Oh and that wasn't the phone that was my 2 yr old Connor.


----------



## DavidCC (Jul 25, 2008)

YEAH blast him!!!  LOL

here is some good "simulation" of reactions
http://uk.youtube.com/watch?v=NaT1uAMg7yg&NR=1


----------



## Kembudo-Kai Kempoka (Jul 25, 2008)

I'm a bit of a sick puke. Rather than simulating reactions, with shots to the body and extremities, I prefer to gain and offer the bodily experience that goes with knocking and pushing the guy around...gives both parties a great learning opportunity to see what works, how, and why.

If you can't crash on the guy, at least practice "sock and push"...medium punch into the body, then lean into it and push about a half foot into or past what you're hitting. Teaches penetration, and supportive foot and stancework.

D.


----------



## ktaylor75 (Jul 25, 2008)

.....hmmm, yes, a bit blurry....I had to load the video onto my computer using minimum quality settings due to a lack of memory space on my hard drive (long story).  And other than that, am new at making videos, fumbling my way along as I figure out how to work the software.  Other than that, I thought the video was great (but then again, I guess I am a bit biased!)


----------



## Mark L (Jul 27, 2008)

Interesting exercise.  I don't have AK techniques, but I see your start of 3 grafting into a kempo punch technique, then the hammers.  I second what others have said on reaction.  Without at least some type of force application and reaction by the bad guy to the opening sequence, I don't see a good excuse for deviating from the original technique.  Ideal phase, though, it is a good looking technique.


----------



## Mark L (Jul 27, 2008)

ktaylor75 said:


> .....hmmm, yes, a bit blurry....I had to load the video onto my computer using minimum quality settings due to a lack of memory space on my hard drive (long story).  And other than that, am new at making videos, fumbling my way along as I figure out how to work the software.  Other than that, I thought the video was great (but then again, I guess I am a bit biased!)

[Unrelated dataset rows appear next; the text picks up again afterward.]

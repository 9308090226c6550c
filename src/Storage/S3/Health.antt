-- ===== src/Storage/S3/Health.antt =====
-- What a health check of the S3 storage shows.
use freighter.Base.{
  Result, text_beq, true, ℕ, zero, suc, ◌≡◌, ok, some, Text, codes, text_beq_iff, arith,
  Result-cases, inl, inr,
}
use freighter.Types.Error.{StorageError}
use freighter.Storage.Metadata.{FileResponse, default_metadata}
use freighter.Storage.S3.{Client, pull_object, put_object, check_rounds, check_bucket}

module _ (C : Client) where
  abbrev put_ok : Text → C.State → Result StorageError (Unit {0}) × C.State
  put_ok path =
      put_object C path (codes "ok")
        (record default_metadata { content_type = some (codes "text/plain") })

  rounds_read :
      (n : ℕ) (path : Text) (s s' : C.State)
      → check_rounds C n path s ≡ (ok tt, s')
      → (r : FileResponse) × (pull_object C path s' ≡ ok r) × (r.«data» ≡ codes "ok")
  unfolding check_rounds
  rounds_read zero path s s' h = absurd (ground arith)
  rounds_read (suc n) path s s' h = elim (Result-cases (pull_object C path s)) [
    | inl (obj, pulled) ↦
        let same : text_beq obj.«data» (codes "ok") ≡ true = ground arith in
        (obj, ground arith, (text_beq_iff obj.«data» (codes "ok")).0 same)
    | inr (StorageError.not_found, failed) ↦ elim (Result-cases (put_ok path s).0) [
      | inl (_, done) ↦ rounds_read n path (put_ok path s).1 s' (ground arith)
      | inr (e, unwritten) ↦ absurd (ground arith)
    ]
    | inr (StorageError.service_error e, failed) ↦ absurd (ground arith)
  ]

  -- A health check that succeeds ends in a state in which the object of the check is pulled and
  -- says `ok`.
  check_bucket_ok :
      (path : Text) (s s' : C.State)
      → check_bucket C path s ≡ (ok tt, s')
      → (r : FileResponse) × (pull_object C path s' ≡ ok r) × (r.«data» ≡ codes "ok")
  unfolding check_bucket
  check_bucket_ok path s s' h = rounds_read 3 path s s' h
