-- ===== src/Storage/S3/Objects.antt =====
-- Tarballs in S3 (crates/freighter-storage/src/s3_client.rs): what is pulled after they were put or
-- deleted, whichever requests fail.
use freighter.Base.{ℕ, ◌≡◌, ◌⊎◌, ok, err, Option, none, some, Text, Bytes, Result}
use freighter.Types.Error.{AnyError, StorageError}
use freighter.Storage.Metadata.{FileResponse}
use freighter.Storage.S3.{
  Client, Object, GetError, PutRequest, no_such_key, pull_object, put_object, delete_object,
  pull_crate, construct_paths,
}

-- A request for an object that fails, at once or while its body arrives.
abbrev pub Faulty : Result GetError Object → Type 0
Faulty r =
    ((e : AnyError) × (r ≡ err (GetError.other e)))
    ⊎ ((time : Option ℕ) × (e : AnyError) × (r
          ≡ ok (record { last_modified = time; body = err e })))

-- What is relied on of a bucket. `holds` is the object under a key, which a request for it gives
-- (reads are consistent with writes) unless the request fails. Nothing is known of what a failed
-- request to put or delete an object has done to it.
pub record IsBucket (C : Client) : Type 0 where
  pub holds : Text → C.State → Option Bytes
  pub get_there :
      (path : Text) (bytes : Bytes) (s : C.State)
      → holds path s ≡ some bytes
      → ((time : Option ℕ) × (C.get_object path s
            ≡ ok (record { last_modified = time; body = ok bytes })))
        ⊎ Faulty (C.get_object path s)
  pub get_absent :
      (path : Text) (s : C.State)
      → holds path s ≡ none
      → (C.get_object path s ≡ err no_such_key) ⊎ Faulty (C.get_object path s)
  pub put_there :
      (path : Text) (bytes : Bytes) (r : PutRequest) (s : C.State)
      → (C.put_object path bytes r s).0 ≡ ok tt
      → holds path (C.put_object path bytes r s).1 ≡ some bytes
  pub deleted_absent :
      (path : Text) (s : C.State)
      → (C.delete_object path s).0 ≡ ok tt
      → holds path (C.delete_object path s).1 ≡ none
  pub absent_stays :
      (path other : Text) (s : C.State)
      → holds other s ≡ none
      → holds other (C.delete_object path s).1 ≡ none

module _ (C : Client) (bucket : IsBucket C) where
  abbrev Fault : Result StorageError FileResponse → Type 0
  Fault r = (e : AnyError) × (r ≡ err (StorageError.service_error e))

  abbrev Gives : Bytes → Result StorageError FileResponse → Type 0
  Gives bytes r = (time : Option ℕ) × (r ≡ ok (record { last_modified = time; «data» = bytes }))

  module _ (name version : Text) (bytes checksum : Bytes) where
    -- After a put: the tarball, or the request for it fails, and so does the pull unless the path
    -- of former times answers.
    abbrev pub Stored : C.State → Type 0
    Stored s =
        let (old_path, new_path) = construct_paths C name version checksum in
        let pulled = pull_crate C name version checksum s in
        Gives bytes pulled
        ⊎ (Fault (pull_object C new_path s)
            × (Fault pulled
                ⊎ ((r : FileResponse) × (pull_object C old_path s ≡ ok r) × (pulled ≡ ok r))))

    -- After a deletion: nothing, under either path.
    abbrev pub Gone : C.State → Type 0
    Gone s =
        (pull_crate C name version checksum s ≡ err StorageError.not_found)
        ⊎ Fault (pull_crate C name version checksum s)

    abbrev pub first : C.State → Result AnyError (Unit {0}) × C.State
    first = C.delete_object (construct_paths C name version checksum).1

    abbrev pub second : C.State → Result AnyError (Unit {0}) × C.State
    second s = C.delete_object (construct_paths C name version checksum).0 (first s).1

The video looked good to me, it showed what was intended.  Thanks.


----------



## Danjo (Jul 28, 2008)

I'd like it better if it were shown off of a reverse punch/right cross rather than a step through. Plus, any combo that doesn't have in it a takedown and pounding them on the ground as a finish, seems incomplete to me. But that's just my Kajukenbo eyes looking at it.


----------



## JTKenpo (Jul 28, 2008)

Mark L said:


> Interesting exercise. I don't have AK techniques, but I see your start of 3 grafting into a kempo punch technique, then the hammers. I second what others have said on reaction. Without at least some type of force application and reaction by the bad guy to the opening sequence, I don't see a good excuse for deviating from the original technique. Ideal phase, though, it is a good looking technique.


 
I think your missing the point on what grafting is.  First, grafting is the linking of two or more techniques at similar points (ie strikes, blocks, or paths of action).  Once that is understood then you can start taking all your techniques and piecing them together like puzzle piesces.  What that does is give you a better understanding of how to move from one reaction to another at any given point.  It also is a great tool to increase memorization of how to move in between these techniques and if you studied other styles how to incorporate them together.  Grafting isn't meant to make new techniques but to better understand what you already have.  

Thank you for your feedback I appreciate it greatly as it helps me to continually learn.


----------



## JTKenpo (Jul 28, 2008)

Danjo said:


> I'd like it better if it were shown off of a reverse punch/right cross rather than a step through. Plus, any combo that doesn't have in it a takedown and pounding them on the ground as a finish, seems incomplete to me. But that's just my Kajukenbo eyes looking at it.


 
I believe a takedown can be put into any technique at what would be the end of the technique.

Thanks.


----------



## Mark L (Jul 28, 2008)

JTKenpo said:


> I think your missing the point on what grafting is. First, grafting is the linking of two or more techniques at similar points (ie strikes, blocks, or paths of action). Once that is understood then you can start taking all your techniques and piecing them together like puzzle piesces. What that does is give you a better understanding of how to move from one reaction to another at any given point. It also is a great tool to increase memorization of how to move in between these techniques and if you studied other styles how to incorporate them together. Grafting isn't meant to make new techniques but to better understand what you already have.
> 
> Thank you for your feedback I appreciate it greatly as it helps me to continually learn.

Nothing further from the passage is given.